5. The system of claim 1 wherein said wireless identification device is associated with a wear item of the material application system.

6. The system of claim 5 wherein said wear part is selected from the group of a spray nozzle, a pump throat and a powder tube.

7. The system of claim 1 wherein said information includes part identification.

8. The system of claim 7 wherein said information includes original manufacturer information.

9. The system of claim 1 wherein said sensor is part of a hand held device.

10. An assembly comprising the combination of a wear item in a material application system and a wireless identification device comprising a circuit chip and an antenna, said device being associated with the wear item.

11. The assembly of claim 10 wherein said wireless identification device comprises an RFID device.

12. The assembly of claim 10 wherein said wear item is s spray gun nozzle.

13. The assembly of claim 10 wherein said device is affixed to or embedded in the wear item.

14. The assembly of claim 10 wherein the wear item is part of a powder spray gun or powder pump.

15. The assembly of claim 10 comprising a sensor for interrogating the device.

16. The assembly of claim 15 wherein said sensor is hand held.

17. A method for identifying parts of a material application system, comprising:

associating with the part a wireless identification device;

receiving information from said device, and

using said information as part of the operation or maintenance of the material application system.

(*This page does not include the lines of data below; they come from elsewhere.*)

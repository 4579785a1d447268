-- ===== src/Api/Logs.antt =====
-- What holds of every request that an action sends, by a rule for each way to build an action.
use sdb_controller.Prelude.{
  ◌≡◌, refl, arith, Bool, true, false, Option, none, some, if◌then◌else◌, All,
}
use sdb_controller.Error.{Error}
use sdb_controller.Api.Calls.{Call, Reply, Fault}
use sdb_controller.Api.Effects.{
  Kube, Entry, Try, ok, err, done, failed, panic, World, Outcome, M, pure, raise, settled, unwrap,
  attempt, send, lift, on_try, on_option, caught, continue, ◌>>=◌, start, trace,
}

module _ ⦃K : Kube⦄ (P : Entry → Type 0) where
  pub record Logs {A : Type 0} (m : M A) : Type 0 where
    pub at : (w : World K.State) → All P w.log → All P (m w).1.log

module _ ⦃K : Kube⦄ {A : Type 0} where
  caught-log : (o : Outcome A) (w : World K.State) → (caught o w).1.log ≡ w.log
  caught-log o w = ground arith

module _ ⦃K : Kube⦄ {P : Entry → Type 0} where
  module _ {A : Type 0} where
    pub Logs-pure : (a : A) → Logs P (pure a)
    unfolding pure
    Logs-pure a = record { at = λ w h. h }

    pub Logs-raise : (e : Error) → Logs P (raise {A = A} e)
    unfolding raise
    Logs-raise e = record { at = λ w h. h }

    pub Logs-settled : (o : Outcome A) → Logs P (settled o)
    unfolding settled
    Logs-settled o = record { at = λ w h. h }

    pub Logs-unwrap : (o : Option A) → Logs P (unwrap o)
    unfolding unwrap
    Logs-unwrap none = record { at = λ w h. h }
    Logs-unwrap (some a) = record { at = λ w h. h }

    pub Logs-lift : {E : Type 0} (f : E → Error) (r : Try E A) → Logs P (lift f r)
    unfolding lift
    Logs-lift f (ok a) = record { at = λ w h. h }
    Logs-lift f (err e) = record { at = λ w h. h }

    pub Logs-attempt : (m : M A) → Logs P m → Logs P (attempt m)
    unfolding attempt
    Logs-attempt m h = record { at = λ w g. let (r, w') = m w in rw (caught-log r w') (h.at w g) }

    pub Logs-if : (b : Bool) (m n : M A) → Logs P m → Logs P n → Logs P (if b then m else n)
    Logs-if true m n h g = h
    Logs-if false m n h g = g

  module _ {A B : Type 0} where
    pub Logs-bind : (m : M A) (f : A → M B) → Logs P m → ((a : A) → Logs P (f a)) → Logs P (m >>= f)
    unfolding ◌>>=◌
    Logs-bind m f h g = record { at = λ w k. after (m w) (h.at w k) }
      where
        after : (x : Outcome A × World K.State) → All P x.1.log → All P (continue x.0 f x.1).1.log
        after (done a, w') k = (g a).at w' k
        after (failed e, w') k = k
        after (panic, w') k = k

    -- The rest of the block may use what the option holds.
    pub Logs-bind-unwrap :
        (o : Option A) (f : A → M B)
        → ((a : A) → o ≡ some a → Logs P (f a))
        → Logs P (unwrap o >>= f)
    unfolding ◌>>=◌ unwrap
    Logs-bind-unwrap none f g = record { at = λ w k. k }
    Logs-bind-unwrap (some a) f g = record { at = (g a refl).at }

    pub Logs-bind-option :
        (o : Option A) (e : Error) (f : A → M B)
        → ((a : A) → o ≡ some a → Logs P (f a))
        → Logs P (on_option o (raise e) pure >>= f)
    unfolding ◌>>=◌ on_option raise pure
    Logs-bind-option none e f g = record { at = λ w k. k }
    Logs-bind-option (some a) e f g = record { at = (g a refl).at }

    pub Logs-on_option_eq :
        (o : Option A) (m : M B) (f : A → M B)
        → (o ≡ none → Logs P m)
        → ((a : A) → o ≡ some a → Logs P (f a))
        → Logs P (on_option o m f)
    unfolding on_option
    Logs-on_option_eq none m f h g = h refl
    Logs-on_option_eq (some a) m f h g = g a refl

    pub Logs-on_option :
        (o : Option A) (m : M B) (f : A → M B)
        → Logs P m
        → ((a : A) → Logs P (f a))
        → Logs P (on_option o m f)
    unfolding on_option
    Logs-on_option none m f h g = h
    Logs-on_option (some a) m f h g = g a

  pub Logs-on_try :
      {A B E : Type 0} (r : Try E A) (f : E → M B) (g : A → M B)
      → ((e : E) → Logs P (f e))
      → ((a : A) → Logs P (g a))
      → Logs P (on_try r f g)
  unfolding on_try
  Logs-on_try (ok a) f g h k = k a
  Logs-on_try (err e) f g h k = h e

  pub Logs-send :
      (call : Call)
      → ((r : Try (Fault call) (Reply call)) → P (record { call = call; reply = r }))
      → Logs P (send call)
  unfolding send
  Logs-send call h = record { at = λ w k. (h (K.respond call w.state).0, k) }

  pub Logs-trace : {A : Type 0} (m : M A) (s : K.State) → Logs P m → All P (trace m s)
  Logs-trace m s h = h.at (start s) tt

pub ruleset logs_rules = (
  Logs-pure, Logs-raise, Logs-settled, Logs-unwrap, Logs-lift, Logs-attempt, Logs-if, Logs-bind,
  Logs-on_option, Logs-on_try, Logs-send,
)

-- The same, keeping what an option is known to hold.
pub ruleset careful_rules = (Logs-bind-unwrap, Logs-bind-option, Logs-on_option_eq, logs_rules)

18. The method of claim 17 comprising the step of:

associating an RFID device with the part.

19. The method of claim 17 comprising the step of:

using the information received as part of a maintenance or repair procedure.

20. The method of claim 17 wherein the part is a wear item or a system component.

21. A method for identifying parts in a container, comprising:

associating with each part in a container a wireless identification device;

receiving information from said device by using a hand held sensor, and

using said information to verify contents of the container without having to open the container.

22. A method for identifying parts of an assembled product, comprising:

associating with each of one or more parts of an assembled product a respective wireless identification device;

receiving information from each said wireless identification device, and

using said information to verify the assembled product has all required parts and that all parts in the product are correct, wherein the method is carried out without disassembly of the product.

23. The method of claim 22 comprising the step of receiving said information by positioning the assembled product in a stand having a sensor for reading the wireless devices.

24. A method for identifying parts of a material application system, comprising:

associating with one or more parts of a material application system a respective wireless identification device;

receiving information from said wireless devices using a handheld scan device,

said one or more parts including a spray booth, and using said information to identify the booth.